■ Try it:
Look below for the line containing "(has_pending org t) purge_blocked"; from there, print each line exactly up to and including the line containing "then existing_run run t", and stop.

(Data excerpts)
[Start of Attachment]

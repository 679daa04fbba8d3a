-- ===== src/Offboarding/Access.antt =====
-- src/bluelab/lifecycle/service.py, lifecycle_view and retention_policy_view, and
-- src/sql/functions/org_service_access.sql: who may use the service, and what operators are shown.
use bluelab_backend_prod.Prelude.{
  ℕ, ◌≡◌, Bool, true, false, ◌&&◌, ◌||◌, not, Option, none, some, ◌==◌, ltb, leb, find, is_none,
  is_some, if◌then◌else◌, Result, ok, ◌>>=◌, ◌>>◌, raise_if, or_raise, arith,
}
use bluelab_backend_prod.Offboarding.{
  Library, LifecycleProblem, LifecycleStatus, LifecycleTables, Org, RetentionPolicy, Term, find_org,
  has_pending, history_unverified, is_active, is_offboarding, is_purging, not_found, term_of,
}
use bluelab_backend_prod.Offboarding.Renewal.{default_policy, is_past}
use bluelab_backend_prod.Offboarding.Terms.{deadline_of, term_policy, timed}
use bluelab_backend_prod.Subjects.{is_pending_op}

pub data AccessStatus : Type 0 where
  unconfigured scheduled available hold purged : AccessStatus

abbrev pub is_available : AccessStatus → Bool
is_available available = true
is_available _ = false

-- starts_at is not None and now() < starts_at
abbrev pub is_early : ℕ → Option ℕ → Bool
is_early now none = false
is_early now (some start_) = ltb now start_

unfoldable pub access_status : ℕ → Org → Option Term → AccessStatus
access_status now g s =
    if is_purging g.lifecycle_status
    then purged
    else if is_offboarding g.lifecycle_status || is_past now g.service_ends_at
    then hold
    else if is_none s
    then unconfigured
    else if is_early now g.service_starts_at
    then scheduled
    else available

pub record LifecycleView : Type 0 where
  pub lifecycle_status : LifecycleStatus
  pub access_status : AccessStatus
  pub lifecycle_sequence : ℕ
  pub projected_purge_eligible_at : Option ℕ
  pub pending_operation_id : Option ℕ
  pub offboarding_id : Option ℕ
  pub purge_eligible_at : Option ℕ

unfoldable pub projected :
    Library → LifecycleTables → Option Term → Result LifecycleProblem (Option ℕ)
unfolding term_policy deadline_of
projected lib t none = ok none
projected lib t (some s) = do
  p ← term_policy t s
  deadline ← timed (deadline_of lib s.ends_at p)
  ok (some deadline)

-- `lifecycle_view`
unfoldable pub lifecycle_view :
    Library → ℕ → ℕ → ℕ → LifecycleTables → Result LifecycleProblem LifecycleView
unfolding access_status projected term_of
lifecycle_view lib now org head t = do
  g ← or_raise (find_org org t) not_found
  raise_if (not (head == g.lifecycle_sequence)) history_unverified
  deadline ← projected lib t (term_of t g)
  ok (record {
    lifecycle_status = g.lifecycle_status;
    access_status = access_status now g (term_of t g);
    lifecycle_sequence = g.lifecycle_sequence;
    projected_purge_eligible_at = deadline;
    pending_operation_id = elim (find (λ o. o.org == org && is_pending_op o.status) t.operations) [
      | none ↦ none
      | some o ↦ some o.id
    ];
    offboarding_id = g.offboarding_id;
    purge_eligible_at = g.purge_eligible_at;
  })

-- `retention_policy_view`, the policy
unfoldable pub retention_policy_view :
    ℕ → ℕ → LifecycleTables → Result LifecycleProblem RetentionPolicy
retention_policy_view org head t = do
  g ← or_raise (find_org org t) not_found
  raise_if (not (head == g.lifecycle_sequence)) history_unverified
  ok (elim (find (λ r. r.org == org) t.policies) [ none ↦ default_policy | some row ↦ row.policy ])

-- In SQL a comparison with an absent time does not hold.
abbrev pub has_begun : ℕ → Option ℕ → Bool
has_begun now none = false
has_begun now (some start_) = leb start_ now

abbrev pub has_not_ended : ℕ → Option ℕ → Bool
has_not_ended now none = false
has_not_ended now (some end_) = ltb now end_

-- `app_org_service_access`, in the scope of an organisation
unfoldable pub org_service_access : ℕ → ℕ → LifecycleTables → Bool
unfolding has_pending
org_service_access now org t = elim (find_org org t) [
  | none ↦ false
  | some g ↦
      is_active g.lifecycle_status
      && not (has_pending org t)
      && (not g.service_term_enforced
          || is_some g.current_term
            && has_begun now g.service_starts_at
            && has_not_ended now g.service_ends_at)
]

-- Operators see what the database enforces: for an organisation whose term is enforced, is set, and
-- has its two bounds, and that no pending operation fences, the view shows the service as
-- available exactly when the database lets its members and candidates in.
pub available_is_allowed :
    (lib : Library) (now org head : ℕ) (t : LifecycleTables) (g : Org) (s : Term) (starts ends : ℕ)
    (v : LifecycleView)
    → find_org org t ≡ some g
    → g.service_term_enforced ≡ true
    → has_pending org t ≡ false
    → term_of t g ≡ some s
    → is_some g.current_term ≡ true
    → g.service_starts_at ≡ some starts
    → g.service_ends_at ≡ some ends
    → lifecycle_view lib now org head t ≡ ok v
    → is_available v.access_status ≡ org_service_access now org t
unfolding lifecycle_view org_service_access access_status
available_is_allowed lib now org head t g s starts ends v found enforced free current set begins
      stops shown =
    ground arith

-- A fence stands while a decision is pending: no one is let in.
pub pending_shuts :
    (now org : ℕ) (t : LifecycleTables)
    → has_pending org t ≡ true
    → org_service_access now org t ≡ false
unfolding org_service_access
pending_shuts now org t waits = ground arith
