-- ===== src/Offboarding/Claim.antt =====
-- src/bluelab/lifecycle/purge.py: the claim of an organisation whose deadline has passed.
use bluelab_backend_prod.Prelude.{
  ℕ, Bool, true, false, ◌&&◌, ◌||◌, not, Option, none, some, [], ◌∷◌, ◌++◌, ◌==◌, leb, is_some,
  same_id, any, find, if◌then◌else◌, Result, ok, ◌>>=◌, ◌>>◌, raise_if, or_raise,
}
use bluelab_backend_prod.Offboarding.{
  LifecycleAction, claim, Library, LifecycleEvent, LifecycleOperation, LifecycleProblem,
  purge_blocked, no_result, key_error, LifecycleTables, Org, PurgeRun, purging, is_offboarding,
  find_operation, find_org, has_pending,
}
use bluelab_backend_prod.Offboarding.Commands.{is_accepted, accept_operation}
use bluelab_backend_prod.Subjects.{
  Request, pending, processing, awaiting_input, ready, failed, is_applied_op, is_export, op_pending,
}

-- a request that is still to be answered; only an export can be ready
abbrev pub is_unanswered : Request → Bool
is_unanswered r = elim r.status [
  | pending ↦ true
  | processing ↦ true
  | awaiting_input ↦ true
  | failed ↦ true
  | ready ↦ is_export r.kind
  | _ ↦ false
]

unfoldable pub is_restricted : ℕ → LifecycleTables → Bool
is_restricted org t = any (λ r. r.org == org && r.is_active) t.restrictions

-- `_claim_blocker`
unfoldable pub claim_blocker : ℕ → LifecycleTables → Bool
unfolding is_restricted
claim_blocker org t = is_restricted org t || any (λ r. r.org == org && is_unanswered r) t.requests

-- the deadline of an organisation has passed
abbrev pub is_due : ℕ → Org → Bool
is_due now g = elim g.purge_eligible_at [ none ↦ false | some d ↦ leb d now ]

unfoldable pub is_eligible : ℕ → ℕ → ℕ → Org → Bool
is_eligible now episode sequence g =
    is_offboarding g.lifecycle_status
    && same_id g.offboarding_id (some episode)
    && g.lifecycle_sequence == sequence
    && is_due now g
    && is_some g.offboarding_started_at
    && is_some g.policy_reference

unfoldable pub claim_row : Library → ℕ → ℕ → Org → LifecycleOperation
claim_row lib episode sequence g = record {
  id = lib.claim_id g.id episode;
  org = g.id;
  term = g.current_term;
  episode = some episode;
  restriction = none;
  action = claim (lib.run_id g.id episode);
  status = op_pending;
  expected_sequence = sequence;
  resulting_sequence = none;
  actor = none;
  reason = 1;
  requested_deadline = g.purge_eligible_at;
  digest = none;
}

-- `prepare_claim`
unfoldable pub prepare_claim :
    Library
    → ℕ
    → ℕ
    → ℕ
    → ℕ
    → LifecycleTables
    → Result LifecycleProblem (LifecycleTables × LifecycleOperation)
unfolding is_eligible claim_blocker has_pending claim_row
prepare_claim lib now org episode sequence t = elim (find_operation (lib.claim_id org episode) t) [
  | some o ↦
      raise_if (not (o.org == org) || not (same_id o.episode (some episode))) purge_blocked
      >> ok (t, o)
  | none ↦ or_raise (find_org org t) purge_blocked >>= λ g.
      raise_if (not (is_eligible now episode sequence g)) purge_blocked
      >> (raise_if (claim_blocker org t) purge_blocked
          >> (raise_if (has_pending org t) purge_blocked
              >> ok (
                record t { operations = t.operations ++ claim_row lib episode sequence g ∷ [] },
                claim_row lib episode sequence g,
              )))
]

-- the run of an applied claim
unfoldable pub existing_run :
    ℕ → LifecycleTables → Result LifecycleProblem (LifecycleTables × PurgeRun)
existing_run run t = or_raise (find (λ r. r.id == run) t.runs) purge_blocked >>= λ r. ok (t, r)

unfoldable pub run_of : ℕ → LifecycleOperation → Org → PurgeRun
run_of run o g = record {
  id = run;
  org = g.id;
  episode = o.episode;
  purge_eligible_at = g.purge_eligible_at;
}

abbrev pub claimed_run : LifecycleAction → Option ℕ
claimed_run (claim run) = some run
claimed_run _ = none

unfoldable pub claimed : Org → Org
claimed g = record g { lifecycle_status = purging }

-- `apply_claim`
unfoldable pub apply_claim :
    ℕ → LifecycleEvent → LifecycleTables → Result LifecycleProblem (LifecycleTables × PurgeRun)
unfolding claim_blocker claimed existing_run is_accepted run_of accept_operation
apply_claim id e t = do
  o ← or_raise (find_operation id t) no_result
  run ← or_raise (claimed_run o.action) key_error
  if is_applied_op o.status
      then existing_run run t
      else (raise_if (not (is_accepted o e)) purge_blocked
          >> (or_raise (find_org o.org t) purge_blocked >>= λ g.
              raise_if
                (not (is_offboarding g.lifecycle_status)
                  || not (same_id g.offboarding_id o.episode)
                  || not (g.lifecycle_sequence == o.expected_sequence)
                  || claim_blocker g.id t)
                purge_blocked
              >> ok (
                record (accept_operation o e claimed t) { runs = t.runs ++ run_of run o g ∷ [] },
                run_of run o g,
              )))
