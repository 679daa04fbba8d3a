-- ===== src/Offboarding/Episode.antt =====
-- src/bluelab/lifecycle/service.py: starting an offboarding early, fixing its cutoff, cancelling it,
-- and extending its deadline.
use bluelab_backend_prod.Prelude.{
  ℕ, Bool, true, false, ◌&&◌, ◌||◌, not, Option, none, some, ◌==◌, ltb, leb, is_none, is_some,
  same_id, if◌then◌else◌, Result, ok, ◌>>=◌, ◌>>◌, raise_if, or_raise,
}
use bluelab_backend_prod.Offboarding.{
  LifecycleAction, start, cancel, extend, Library, LifecycleEvent, LifecycleOperation,
  LifecycleProblem, history_unverified, purge_already_claimed, episode_stale, term_invalid,
  reason_required, LifecycleTables, LifecycleOrder, Org, StartData, Term, active, offboarding,
  is_active, is_offboarding, is_purging, find_operation, find_org, has_pending, term_of,
}
use bluelab_backend_prod.Offboarding.Commands.{
  accepted_org, current_org, new_row, accept_operation, stage_command,
}
use bluelab_backend_prod.Offboarding.Terms.{deadline_of, term_policy, timed}
use bluelab_backend_prod.Subjects.{is_applied_op, is_pending_op, op_rejected, update_first}

abbrev pub start_data : LifecycleAction → Option StartData
start_data (start d) = some d
start_data _ = none

abbrev pub is_cancel : LifecycleAction → Bool
is_cancel (cancel e) = true
is_cancel _ = false

-- the old and the new deadline
abbrev pub extension_data : LifecycleAction → Option (ℕ × ℕ)
extension_data (extend old new) = some (old, new)
extension_data _ = none

unfoldable pub new_start :
    ℕ → LifecycleOrder → LifecycleTables → Result LifecycleProblem LifecycleOperation
unfolding current_org has_pending term_of term_policy new_row
new_start now c t = do
  g ← current_org c t
  raise_if (is_purging g.lifecycle_status) purge_already_claimed
  raise_if (not (is_active g.lifecycle_status)) episode_stale
  s ← or_raise (term_of t g) episode_stale
  service_end ← or_raise g.service_ends_at episode_stale
  raise_if (leb service_end now) term_invalid
  raise_if (has_pending c.org_id t) history_unverified
  policy ← term_policy t s
  reason ← or_raise c.reason reason_required
  ok (
      new_row c (some s.id) (some c.fresh) reason
        (start (record { policy = policy; cutoff = none })) none)

-- `prepare_start_offboarding`
unfoldable pub prepare_start_offboarding :
    ℕ
    → LifecycleOrder
    → LifecycleTables
    → Result LifecycleProblem (LifecycleTables × LifecycleOperation)
unfolding stage_command new_start
prepare_start_offboarding now c t =
    stage_command c (λ o. is_some (start_data o.action)) (new_start now c t) t

-- The row of a start after its cutoff is fixed; a term that ended first rejects the command.
unfoldable pub fix_cutoff : ℕ → ℕ → StartData → Term → LifecycleOperation → LifecycleOperation
fix_cutoff now deadline d s o =
    if leb s.ends_at now then record o { status = op_rejected } else record o {
      action = start (record d { cutoff = some (now, deadline) });
      requested_deadline = some deadline;
    }

-- the deadline, which is only computed before the term's end
unfoldable pub cutoff_deadline : Library → ℕ → StartData → Term → Result LifecycleProblem ℕ
unfolding deadline_of
cutoff_deadline lib now d s =
    if leb s.ends_at now then ok 0 else timed (deadline_of lib now d.policy)

-- `finalize_start_offboarding`
unfoldable pub finalize_start_offboarding :
    Library → ℕ → ℕ → LifecycleTables → Result LifecycleProblem LifecycleTables
unfolding fix_cutoff cutoff_deadline term_of update_first
finalize_start_offboarding lib now id t = do
  o ← or_raise (find_operation id t) history_unverified
  d ← or_raise (start_data o.action) history_unverified
  raise_if (not (is_pending_op o.status)) history_unverified
  if is_some d.cutoff
      then ok t
      else (or_raise (find_org o.org t) history_unverified >>= λ g.
          or_raise (term_of t g) history_unverified >>= λ s.
          raise_if
            (not (g.lifecycle_sequence == o.expected_sequence)
              || not (same_id (some s.id) o.term)
              || not (is_active g.lifecycle_status))
            history_unverified
          >> (cutoff_deadline lib now d s >>= λ deadline. ok (record t {
            operations = update_first (λ x. x.id == id) (fix_cutoff now deadline d s) t.operations;
          })))

unfoldable pub offboarded : LifecycleOperation → LifecycleEvent → StartData → ℕ → ℕ → Org → Org
offboarded o e d cutoff deadline g = record g {
  lifecycle_status = offboarding;
  service_ends_at = some cutoff;
  offboarding_id = o.episode;
  offboarding_started_at = some cutoff;
  offboarding_started_by = e.actor_id;
  purge_eligible_at = some deadline;
  policy_reference = some d.policy.reference;
}

-- `apply_start_offboarding`
unfoldable pub apply_start_offboarding :
    ℕ → LifecycleEvent → LifecycleTables → Result LifecycleProblem LifecycleTables
unfolding accepted_org offboarded term_of accept_operation
apply_start_offboarding id e t = do
  o ← or_raise (find_operation id t) history_unverified
  d ← or_raise (start_data o.action) history_unverified
  if is_applied_op o.status
      then ok t
      else (accepted_org o e t >>= λ g. or_raise d.cutoff history_unverified >>= λ fixed.
          or_raise (term_of t g) history_unverified >>= λ s.
          raise_if
            (not (e.accepted_at == fixed.0)
              || is_none e.actor_id
              || not (is_active g.lifecycle_status)
              || not (same_id (some s.id) o.term))
            history_unverified
          >> ok (accept_operation o e (offboarded o e d fixed.0 fixed.1) t))

-- an early offboarding of this episode, in a term that has not ended
unfoldable pub is_cancellable : ℕ → Option ℕ → Org → Term → Bool
is_cancellable now episode g s =
    is_offboarding g.lifecycle_status
    && same_id g.offboarding_id episode
    && is_some g.offboarding_started_by
    && ltb now s.ends_at

unfoldable pub new_cancel :
    ℕ → ℕ → LifecycleOrder → LifecycleTables → Result LifecycleProblem LifecycleOperation
unfolding current_org has_pending term_of is_cancellable new_row
new_cancel now episode c t = do
  g ← current_org c t
  s ← or_raise (term_of t g) episode_stale
  raise_if (not (is_cancellable now (some episode) g s)) episode_stale
  raise_if (has_pending c.org_id t) history_unverified
  reason ← or_raise c.reason reason_required
  ok (new_row c (some s.id) (some episode) reason (cancel s.ends_at) none)

-- `prepare_cancel_offboarding`
unfoldable pub prepare_cancel_offboarding :
    ℕ
    → ℕ
    → LifecycleOrder
    → LifecycleTables
    → Result LifecycleProblem (LifecycleTables × LifecycleOperation)
unfolding stage_command new_cancel
prepare_cancel_offboarding now episode c t =
    stage_command c (λ o. is_cancel o.action && same_id o.episode (some episode))
      (new_cancel now episode c t) t

unfoldable pub restored : Term → Org → Org
restored s g = record g {
  lifecycle_status = active;
  service_ends_at = some s.ends_at;
  offboarding_id = none;
  offboarding_started_at = none;
  offboarding_started_by = none;
  purge_eligible_at = none;
  policy_reference = none;
}

-- `apply_cancel_offboarding`
unfoldable pub apply_cancel_offboarding :
    ℕ → ℕ → LifecycleEvent → LifecycleTables → Result LifecycleProblem LifecycleTables
unfolding accepted_org is_cancellable restored term_of accept_operation
apply_cancel_offboarding now id e t = do
  o ← or_raise (find_operation id t) history_unverified
  raise_if (not (is_cancel o.action)) history_unverified
  if is_applied_op o.status
      then ok t
      else (accepted_org o e t >>= λ g. or_raise (term_of t g) history_unverified >>= λ s.
          raise_if
            (is_none e.actor_id
              || not (is_cancellable now o.episode g s)
              || not (same_id (some s.id) o.term))
            history_unverified
          >> ok (accept_operation o e (restored s) t))

unfoldable pub new_extension :
    ℕ → ℕ → LifecycleOrder → LifecycleTables → Result LifecycleProblem LifecycleOperation
unfolding current_org has_pending new_row
new_extension episode deadline c t = do
  g ← current_org c t
  raise_if (is_purging g.lifecycle_status) purge_already_claimed
  raise_if
      (not (is_offboarding g.lifecycle_status) || not (same_id g.offboarding_id (some episode)))
      episode_stale
  raise_if (has_pending c.org_id t) history_unverified
  old ← or_raise g.purge_eligible_at term_invalid
  raise_if (leb deadline old) term_invalid
  reason ← or_raise c.reason reason_required
  ok (new_row c none (some episode) reason (extend old deadline) (some deadline))

-- `prepare_deadline_extension`
unfoldable pub prepare_deadline_extension :
    ℕ
    → ℕ
    → LifecycleOrder
    → LifecycleTables
    → Result LifecycleProblem (LifecycleTables × LifecycleOperation)
unfolding stage_command new_extension
prepare_deadline_extension episode deadline c t =
    stage_command c (λ o. is_some (extension_data o.action) && same_id o.episode (some episode))
      (new_extension episode deadline c t) t

unfoldable pub extended : ℕ → Org → Org
extended deadline g = record g { purge_eligible_at = some deadline }

-- `apply_deadline_extension`
unfoldable pub apply_deadline_extension :
    ℕ → LifecycleEvent → LifecycleTables → Result LifecycleProblem LifecycleTables
unfolding accepted_org extended accept_operation
apply_deadline_extension id e t = do
  o ← or_raise (find_operation id t) history_unverified
  d ← or_raise (extension_data o.action) history_unverified
  if is_applied_op o.status
      then ok t
      else (accepted_org o e t >>= λ g.
          raise_if
            (is_none e.actor_id
              || not (is_offboarding g.lifecycle_status)
              || not (same_id g.offboarding_id o.episode)
              || not (same_id g.purge_eligible_at (some d.0)))
            history_unverified
          >> ok (accept_operation o e (extended d.1) t))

[End of Attachment]

■ Solution below:
          >> (raise_if (has_pending org t) purge_blocked
              >> ok (
                record t { operations = t.operations ++ claim_row lib episode sequence g ∷ [] },
                claim_row lib episode sequence g,
              )))
]

-- the run of an applied claim
unfoldable pub existing_run :
    ℕ → LifecycleTables → Result LifecycleProblem (LifecycleTables × PurgeRun)
existing_run run t = or_raise (find (λ r. r.id == run) t.runs) purge_blocked >>= λ r. ok (t, r)

unfoldable pub run_of : ℕ → LifecycleOperation → Org → PurgeRun
run_of run o g = record {
  id = run;
  org = g.id;
  episode = o.episode;
  purge_eligible_at = g.purge_eligible_at;
}

abbrev pub claimed_run : LifecycleAction → Option ℕ
claimed_run (claim run) = some run
claimed_run _ = none

unfoldable pub claimed : Org → Org
claimed g = record g { lifecycle_status = purging }

-- `apply_claim`
unfoldable pub apply_claim :
    ℕ → LifecycleEvent → LifecycleTables → Result LifecycleProblem (LifecycleTables × PurgeRun)
unfolding claim_blocker claimed existing_run is_accepted run_of accept_operation
apply_claim id e t = do
  o ← or_raise (find_operation id t) no_result
  run ← or_raise (claimed_run o.action) key_error
  if is_applied_op o.status
      then existing_run run t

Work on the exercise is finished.